Rapaport Magazine
In-Depth

Source of anxiety

By Joshua Freedman
Jewelers in the US are understandably confused about the government sanctions. The ban on importing Russian diamonds has a narrower application than the industry initially feared. It’s also unclear how the rules will develop and whether consumers will choose to avoid all products originating from Alrosa.

The main reaction has been uncertainty. This sentiment has already translated into a slowdown in business, though other factors such as inflation may have had an equal or greater impact.

“Folks all kind of agreed that they had a great holiday season, but now you’re starting to see a split-up of the responses in terms of how their March is going,” said Erich Jacobs, president of the Jewelers Board of Trade (JBT), which provides data on companies’ creditworthiness.

The ratio of on-time payments to late payments in the jewelry industry — what the JBT calls the “current” versus “slow” trade dollars — reached record highs last year; the more jewelers pay vendors on time, the higher the ratio. But it has dropped since December, Jacobs reported. This decline was greater than usual for the time of year, indicating that some difficulties had set in.

The unpredictability in the jewelry market is showing some parallels with the inflation situation.

“There’s [some] analysis out there that shows that, yes, oil prices are up, so people are paying a lot more for the pump in the US, [but] roughly $13 per barrel of that is just folks being uncertain about what’s going to happen,” Jacobs added.

Any impact from the Russia crisis on the jewelry sector’s outlook is indirect, as many JBT members are still working out what the sanctions mean for them, he said. Rising consumer prices are the more significant and immediate factor right now. This was the key concern in the most recent shopper-confidence reports from The Conference Board and the University of Michigan.
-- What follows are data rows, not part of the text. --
-- ===== src/Tracker/Uninstall.antt =====
-- When InstallTrackerSingleton.ts says that an install may be removed.
use mathlib.Core.Bool.{and-eq-true_iff}
use vscode_dotnet_runtime.Prelude.{
  inl, inr, ◌≡◌, ◌≢◌, refl, ap, sym, ◌∙◌, Bool, true, false, ◌&&◌, ◌||◌, not, Option, none, some,
  List, [], ◌∷◌, ◌++◌, ◌↔◌, subst, arith, every, ok, find, ◌⊎◌,
}
use vscode_dotnet_runtime.Text.{Text, ◌===◌, ===_self, ===_iff}
use vscode_dotnet_runtime.Text.Search.{includes_prefix, includes-append, includes-parts}
use vscode_dotnet_runtime.Collections.{MapOfSets, has, add, get, delete}
use vscode_dotnet_runtime.Collections.Sets.{has-add}
use vscode_dotnet_runtime.Collections.Maps.{get-delete, IsMapOfSets}
use vscode_dotnet_runtime.Install.{DotnetInstall}
use vscode_dotnet_runtime.Tracker.State.{ExtensionState, get_existing_installs, equivalent_to}
use vscode_dotnet_runtime.Tracker.Sessions.{
  ProcessEnvironment, read_sessions, paths_or_none, mark_install_as_in_use_with_install_lock,
  mentions, live_from, process_environment_depends_on_install, check_sessions,
  can_ignore_live_dependents, install_has_no_live_dependents_besides_id,
  install_has_no_live_dependents,
}
use vscode_dotnet_runtime.Tracker.Installs.{
  store, with_owner, add_version_to_extension_state, install_has_no_dependents,
}
use vscode_dotnet_runtime.Tracker.Owners.{registered, registered-again, owners_of, IsTracked}
use vscode_dotnet_runtime.Tracker.Dependents.{no_dependents, no_registered_dependents_iff}
use vscode_dotnet_runtime.Tracker.Live.{
  read-IsMapOfSets, with_sessions, read-with_sessions, delete-IsMapOfSets, mark_sessions,
}

module _ (this_session : Text) (is_session_dead : Text → Bool) where
  -- A session uses the executable: it is this session or alive, and has marked it.
  abbrev pub uses : Text → Text × List Text → Bool
  uses exe (id, paths) = has exe paths && (id === this_session || not (is_session_dead id))

  abbrev pub unused : Text → MapOfSets → Bool
  unused exe m = every (λ e. not (uses exe e)) m

  live_from-unused :
      (exe : Text) (rest m : MapOfSets) (s : ExtensionState)
      → (live_from this_session is_session_dead exe rest m s).0 ≡ unused exe rest
  unfolding live_from
  live_from-unused exe [] m s = refl
  live_from-unused exe ((id, paths) ∷ rest) m s = ground (
    arith,
    live_from-unused exe rest (delete id m) (with_sessions (delete id m) s),
    live_from-unused exe rest m s,
  )

  live_from-sessions :
      (j exe : Text) (rest m : MapOfSets) (s : ExtensionState)
      → is_session_dead j ≡ false
      → IsMapOfSets m
      → read_sessions s ≡ m
      → get j (read_sessions (live_from this_session is_session_dead exe rest m s).1) ≡ get j m
  unfolding live_from
  live_from-sessions j exe [] m s alive h e = ap (get j) e
  live_from-sessions j exe ((id, paths) ∷ rest) m s alive h e = ground (
    arith,
    live_from-sessions j exe rest (delete id m) (with_sessions (delete id m) s) alive
        (delete-IsMapOfSets id m h)
        (read-with_sessions (delete id m) s (delete-IsMapOfSets id m h)),
    live_from-sessions j exe rest m s alive h e,
    get-delete id j m,
    ===_iff id j,
  )

  unused_of_member :
      (exe id : Text) (paths : List Text) (m : MapOfSets)
      → get id m ≡ some paths
      → uses exe (id, paths) ≡ true
      → unused exe m ≡ false
  unfolding get
  unused_of_member exe id paths [] g u = cc
  unused_of_member exe id paths (e ∷ m) g u =
      ground (arith, unused_of_member exe id paths m, ===_iff e.0 id)

  module _ (environment : ProcessEnvironment) (dirname : Text → Text)
      (default_architecture : Text) where
    abbrev check : Text → ExtensionState → Bool × ExtensionState
    check =
        install_has_no_live_dependents this_session is_session_dead environment dirname
          default_architecture

    -- The answer of the check, by the two tests of the source.
    pub no_live_dependents_eq :
        (exe : Text) (s : ExtensionState)
        → (check exe s).0 ≡ (
            unused exe (read_sessions s)
            && not (process_environment_depends_on_install environment dirname exe))
    unfolding install_has_no_live_dependents check_sessions
    no_live_dependents_eq exe s =
        ground (arith, live_from-unused exe (read_sessions s) (read_sessions s) s)

    -- A text, if it is there, that has `t` in it at some place.
    abbrev pub Names : Option Text → Text → Type 0
    Names value t = (before : Text) × ((after : Text) × (value ≡ some (before ++ (t ++ after))))

    -- Neither PATH nor DOTNET_ROOT has the folder of the executable in it.
    abbrev pub IsUnnamed : Text → Type 0
    IsUnnamed exe =
        ¬ (Names environment.path (dirname exe)) × ¬ (Names environment.dotnet_root (dirname exe))

    mentions-Names : (value : Option Text) (t : Text) → (mentions value t ≡ true) ↔ Names value t
    mentions-Names none t = (λ h. cc, λ (before, (after, e)). cc)
    mentions-Names (some v) t = (
      λ h. let (before, (after, e)) = includes-parts v t h in (before, (after, ap some e)),
      λ (before, (after, e)).
          subst (λ o. mentions o t ≡ true) (sym e)
            (includes-append before (t ++ after) t (includes_prefix t after)),
    )

    neither : (a b c : Bool) → ((a && not (b || c)) ≡ true) ↔ ((a ≡ true) × (b ≢ true) × (c ≢ true))
    neither true true c = (λ h. cc, λ (x, y, z). absurd (y refl))
    neither true false true = (λ h. cc, λ (x, y, z). absurd (z refl))
    neither true false false = (λ h. (refl, (λ e. cc), λ e. cc), λ h. refl)
    neither false b c = (λ h. cc, λ (x, y, z). cc)

    -- An executable has no live dependents exactly when no session that is alive, or this one, has
    -- marked it, and the folder of the executable occurs neither in PATH nor in DOTNET_ROOT.
    pub no_live_dependents_iff :
        (exe : Text) (s : ExtensionState)
        → ((check exe s).0 ≡ true) ↔ ((unused exe (read_sessions s) ≡ true) × IsUnnamed exe)
    unfolding process_environment_depends_on_install
    no_live_dependents_iff exe s =
        let (there, back) =
          neither (unused exe (read_sessions s)) (mentions environment.path (dirname exe))
            (mentions environment.dotnet_root (dirname exe)) in
        (
          λ h.
              let (free, path, root) = there (sym (no_live_dependents_eq exe s) ∙ h) in
              (
                free,
                (
                  (λ n. path ((mentions-Names environment.path (dirname exe)).1 n)),
                  λ n. root ((mentions-Names environment.dotnet_root (dirname exe)).1 n),
                ),
              ),
          λ (free, (path, root)).
              no_live_dependents_eq exe s
              ∙ back (
                free,
                (λ m. path ((mentions-Names environment.path (dirname exe)).0 m)),
                λ m. root ((mentions-Names environment.dotnet_root (dirname exe)).0 m),
              ),
        )

    -- The check forgets no session that is alive: it keeps its executables.
    pub live_sessions_kept :
        (exe j : Text) (s : ExtensionState)
        → is_session_dead j ≡ false
        → get j (read_sessions (check exe s).1) ≡ get j (read_sessions s)
    unfolding install_has_no_live_dependents check_sessions
    live_sessions_kept exe j s alive =
        live_from-sessions j exe (read_sessions s) (read_sessions s) s alive (read-IsMapOfSets s)
          refl

    -- What a session that is alive has marked is not given up: after the mark the executable has a
    -- live dependent.
    pub marked_is_in_use :
        (exe id : Text) (s : ExtensionState)
        → (id === this_session || not (is_session_dead id)) ≡ true
        → (check exe (mark_install_as_in_use_with_install_lock exe id s)).0 ≡ false
    marked_is_in_use exe id s alive =
        let s' = mark_install_as_in_use_with_install_lock exe id s in
        let paths = add exe (paths_or_none (get id (read_sessions s))) in
        let held : has exe paths ≡ true =
          has-add exe exe (paths_or_none (get id (read_sessions s))) ∙ rw (===_self exe) in
        ground (
          arith,
          no_live_dependents_eq exe s',
          unused_of_member exe id paths (read_sessions s')
              (mark_sessions exe id id s ∙ rw (===_self id)) (rw (held, alive)),
        )

    -- An install that has just been tracked has a live dependent, the session that tracked it.
    pub tracked_is_in_use :
        (path : Text) (requester : Option Text) (install : DotnetInstall) (s s' : ExtensionState)
        → add_version_to_extension_state default_architecture this_session requester install path
            (ok tt)
            s
          ≡ ok s'
        → (check path s').0 ≡ false
    unfolding add_version_to_extension_state read_sessions
    tracked_is_in_use path requester install s s' e =
        let marked = mark_install_as_in_use_with_install_lock path this_session s in
        let t = store (with_owner requester install (registered default_architecture s)) marked in
        let same : t ≡ s' = cc in
        rw (← same) (
          no_live_dependents_eq path t
          ∙ sym (no_live_dependents_eq path marked)
          ∙ marked_is_in_use path this_session s (rw (===_self this_session)))

    abbrev pub MayIgnore : Text → DotnetInstall → ExtensionState → Type 0
    MayIgnore ignore install s =
        (ignore ≢ [])
        × (can_ignore_live_dependents ignore
              (find (equivalent_to install) (registered default_architecture s))
            ≡ true)

    -- By the two tests of the source, and by what they look for.
    abbrev IsUnusedByTests : Text → ExtensionState → Type 0
    IsUnusedByTests exe s =
        (unused exe (read_sessions s) ≡ true)
        × (process_environment_depends_on_install environment dirname exe ≡ false)

    abbrev pub IsUnused : Text → ExtensionState → Type 0
    IsUnused exe s = (unused exe (read_sessions s) ≡ true) × IsUnnamed exe

    unnamed :
        (exe : Text)
        → process_environment_depends_on_install environment dirname exe ≡ false
        → IsUnnamed exe
    unfolding process_environment_depends_on_install
    unnamed exe h =
        let (_, path, root) =
          (neither true (mentions environment.path (dirname exe))
              (mentions environment.dotnet_root (dirname exe))).0
            (ap not h) in
        (
          λ n. path ((mentions-Names environment.path (dirname exe)).1 n),
          λ n. root ((mentions-Names environment.dotnet_root (dirname exe)).1 n),
        )

    besides_sound :
        (exe : Text) (install : DotnetInstall) (ignore : Text) (s : ExtensionState)
        → (install_has_no_live_dependents_besides_id this_session is_session_dead environment
            dirname default_architecture exe true ignore
            (some install)
            s).0
          ≡ true
        → MayIgnore ignore install s ⊎ IsUnusedByTests exe s
    unfolding install_has_no_live_dependents_besides_id check_sessions
    besides_sound exe install ignore s e = ground (
      arith,
      ===_iff ignore [],
      live_from-unused exe (read_sessions s) (read_sessions s) s,
      live_from-unused exe (read_sessions s) (read_sessions s)
          (get_existing_installs default_architecture s).1,
    )

    -- Where no id is tracked twice, an install is said to have no dependents only if no registered
    -- owner stands in the way and either the live dependents can be ignored, as all owners can, or no
    -- session uses its executable and neither PATH nor DOTNET_ROOT has the folder of the executable
    -- in it.
    pub no_dependents_sound :
        (exe : Text) (install : DotnetInstall) (allow : Bool) (ignore : Text) (s : ExtensionState)
        → IsTracked default_architecture s
        → (install_has_no_dependents default_architecture this_session is_session_dead environment
            dirname install exe allow ignore s).0
          ≡ true
        → (no_dependents allow ignore (owners_of default_architecture install.install_id s) ≡ true)
          × (MayIgnore ignore install s ⊎ IsUnused exe s)
    unfolding install_has_no_dependents
    no_dependents_sound exe install allow ignore s h e =
        let s' = (get_existing_installs default_architecture s).1 in
        let (first, second) = (and-eq-true_iff _ _).0 e in
        (
          sym (no_registered_dependents_iff default_architecture install allow ignore s h) ∙ first,
          elim (rw (registered-again default_architecture s) at
              (besides_sound exe install ignore s' second)) [
                | inl ignored ↦ inl ignored
                | inr (free, test) ↦ inr (free, unnamed exe test)
              ],
        )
The industry is still in a “buffer period,” because it takes a while for diamonds to get from mine to market, notes Sara Yood, deputy general counsel at the Jewelers Vigilance Committee (JVC), which provides legal guidance to the trade.

However, as far as compliance goes, some things are already clear. US jewelers may not sell to anyone in Russia, as the White House has explicitly banned this, Yood points out. Subsidiaries that US retailers own or operate in Russia must also stop selling; locally owned shops that license the US companies’ trademarks can probably carry on, but American warehouses shouldn’t send them products. Russian merchandise that companies acquired before the invasion remains legal, though, Yood says.
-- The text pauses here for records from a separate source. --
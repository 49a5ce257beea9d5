-- ===== src/Worker/Tracked.antt =====
-- DotnetCoreAcquisitionWorker.ts: what tracking an install gives, and what the worker's calls of the
-- tracker leave of its records.
use vscode_dotnet_runtime.Prelude.{
  ◌≡◌, refl, ap, ◌∙◌, sym, true, false, inl, inr, arith, ok, throw, Error, Result-cases, and_then,
  and_then-eq-ok,
}
use vscode_dotnet_runtime.Text.{Text}
use vscode_dotnet_runtime.Install.{AcquireContext, DotnetInstall}
use vscode_dotnet_runtime.Tracker.State.{ExtensionState, has_owner}
use vscode_dotnet_runtime.Tracker.Sessions.{install_has_no_live_dependents}
use vscode_dotnet_runtime.Tracker.Installs.{add_version_to_extension_state}
use vscode_dotnet_runtime.Tracker.Records.{or_empty}
use vscode_dotnet_runtime.Tracker.OwnerSets.{has_owner-add_owner, same_owner_iff}
use vscode_dotnet_runtime.Tracker.Owners.{owners_of}
use vscode_dotnet_runtime.Tracker.Ownership.{added_owners}
use vscode_dotnet_runtime.Tracker.Uninstall.{tracked_is_in_use}
use vscode_dotnet_runtime.Worker.{Host, Machine, validated, track_installed_version}

module _ {D C V : Type 0} (host : Host D C V) where
  -- The files are there, the requester owns the install, and its executable is in use.
  abbrev pub IsHeld : AcquireContext → DotnetInstall → Text → Machine D C → Type 0
  IsHeld ctx install path m =
      (validated host path m.disk ≡ ok tt)
      × (has_owner ctx.requesting_extension_id
            (or_empty (owners_of host.default_architecture install.install_id m.state))
          ≡ true)
      × ((install_has_no_live_dependents host.this_session host.is_session_dead host.environment
            host.fs.dirname host.default_architecture path m.state).0
          ≡ false)

  pub track_fails :
      (ctx : AcquireContext) (install : DotnetInstall) (path : Text) (m : Machine D C)
      (error : Error)
      → validated host path m.disk ≡ throw error
      → track_installed_version host ctx install path m ≡ (throw error, m)
  unfolding add_version_to_extension_state
  track_fails ctx install path m error e = rw e refl

  pub track_done :
      (ctx : AcquireContext) (install : DotnetInstall) (path : Text) (m : Machine D C)
      → validated host path m.disk ≡ ok tt
      → (s' : ExtensionState) × (add_version_to_extension_state host.default_architecture
            host.this_session ctx.requesting_extension_id install path
            (ok tt)
            m.state
          ≡ ok s')
        × (track_installed_version host ctx install path m ≡ (ok tt, record m { state = s' }))
  unfolding add_version_to_extension_state
  track_done ctx install path m e = (_, refl, rw e refl)

  pub track_ok :
      (ctx : AcquireContext) (install : DotnetInstall) (path : Text) (m m' : Machine D C)
      → track_installed_version host ctx install path m ≡ (ok tt, m')
      → (validated host path m.disk ≡ ok tt)
        × (add_version_to_extension_state host.default_architecture host.this_session
              ctx.requesting_extension_id install path
              (ok tt)
              m.state
            ≡ ok m'.state)
        × (m'.disk ≡ m.disk)
  track_ok ctx install path m m' h = elim (Result-cases (validated host path m.disk)) [
    | inl (u, e) ↦
        let (s', added, done) = track_done ctx install path m e in
        let same : record m { state = s' } ≡ m' = ap (λ t. t.1) (sym done ∙ h) in
        (e, added ∙ ap (λ t. ok t.state) same, ap (λ t. t.disk) (sym same))
    | inr (error, e) ↦ cc (track_fails ctx install path m error e)
  ]

  pub track-IsHeld :
      (ctx : AcquireContext) (install : DotnetInstall) (path : Text) (m m' : Machine D C)
      → track_installed_version host ctx install path m ≡ (ok tt, m')
      → IsHeld ctx install path m'
  track-IsHeld ctx install path m m' h =
      let (valid, added, disk) = track_ok ctx install path m m' h in
      (
        ap (validated host path) disk ∙ valid,
        rw
            (added_owners host.default_architecture host.this_session path
              ctx.requesting_extension_id install m.state m'.state added)
            (ground (
              arith,
              has_owner-add_owner ctx.requesting_extension_id ctx.requesting_extension_id
                  (or_empty (owners_of host.default_architecture install.install_id m.state)),
              same_owner_iff ctx.requesting_extension_id ctx.requesting_extension_id,
            )),
        tracked_is_in_use host.this_session host.is_session_dead host.environment host.fs.dirname
            host.default_architecture path ctx.requesting_extension_id install m.state m'.state
            added,
      )

  -- A last statement that tracks the install.
  pub tracked_last :
      {A : Type 0} (ctx : AcquireContext) (install : DotnetInstall) (path : Text)
      (m m' : Machine D C) (x y : A)
      → and_then (track_installed_version host ctx install path m) (λ _ t. (ok x, t)) ≡ (ok y, m')
      → (x ≡ y) × IsHeld ctx install path m'
  tracked_last ctx install path m m' x y h =
      let (u, (t, tracked, last)) =
        and_then-eq-ok (track_installed_version host ctx install path m) (λ _ t. (ok x, t)) h in
      let same : t ≡ m' = ap (λ r. r.1) last in
      (cc, track-IsHeld ctx install path m m' (tracked ∙ ap (λ t. (ok tt, t)) same))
As for sourcing, having anti-money laundering (AML) procedures is beneficial, partly because it gets companies used to asking questions about their suppliers, she adds. Not all companies have a legal obligation to maintain an AML program, but some choose to do so as a way of reducing risk.

“You can use that building block to develop a longer vendor questionnaire that will give you information from your vendors about where they’re sourcing,” she elaborates. “As consumers become more aware of what is happening, I think they’re going to be more interested in origin and provenance. Jewelers should be prepared to start answering those questions.”

One difficulty for jewelers is that many diamonds have no known origin. Another is the discrepancy between the law and possible consumer behavior. In anticipation of customer preferences, many retailers will consider avoiding all diamonds originating in Russia. While this is a respectable sourcing decision on their part — and one that Yood supports — it raises questions about vendor relationships, she explains.“You’re asking your suppliers to go beyond the law, and that can be challenging.”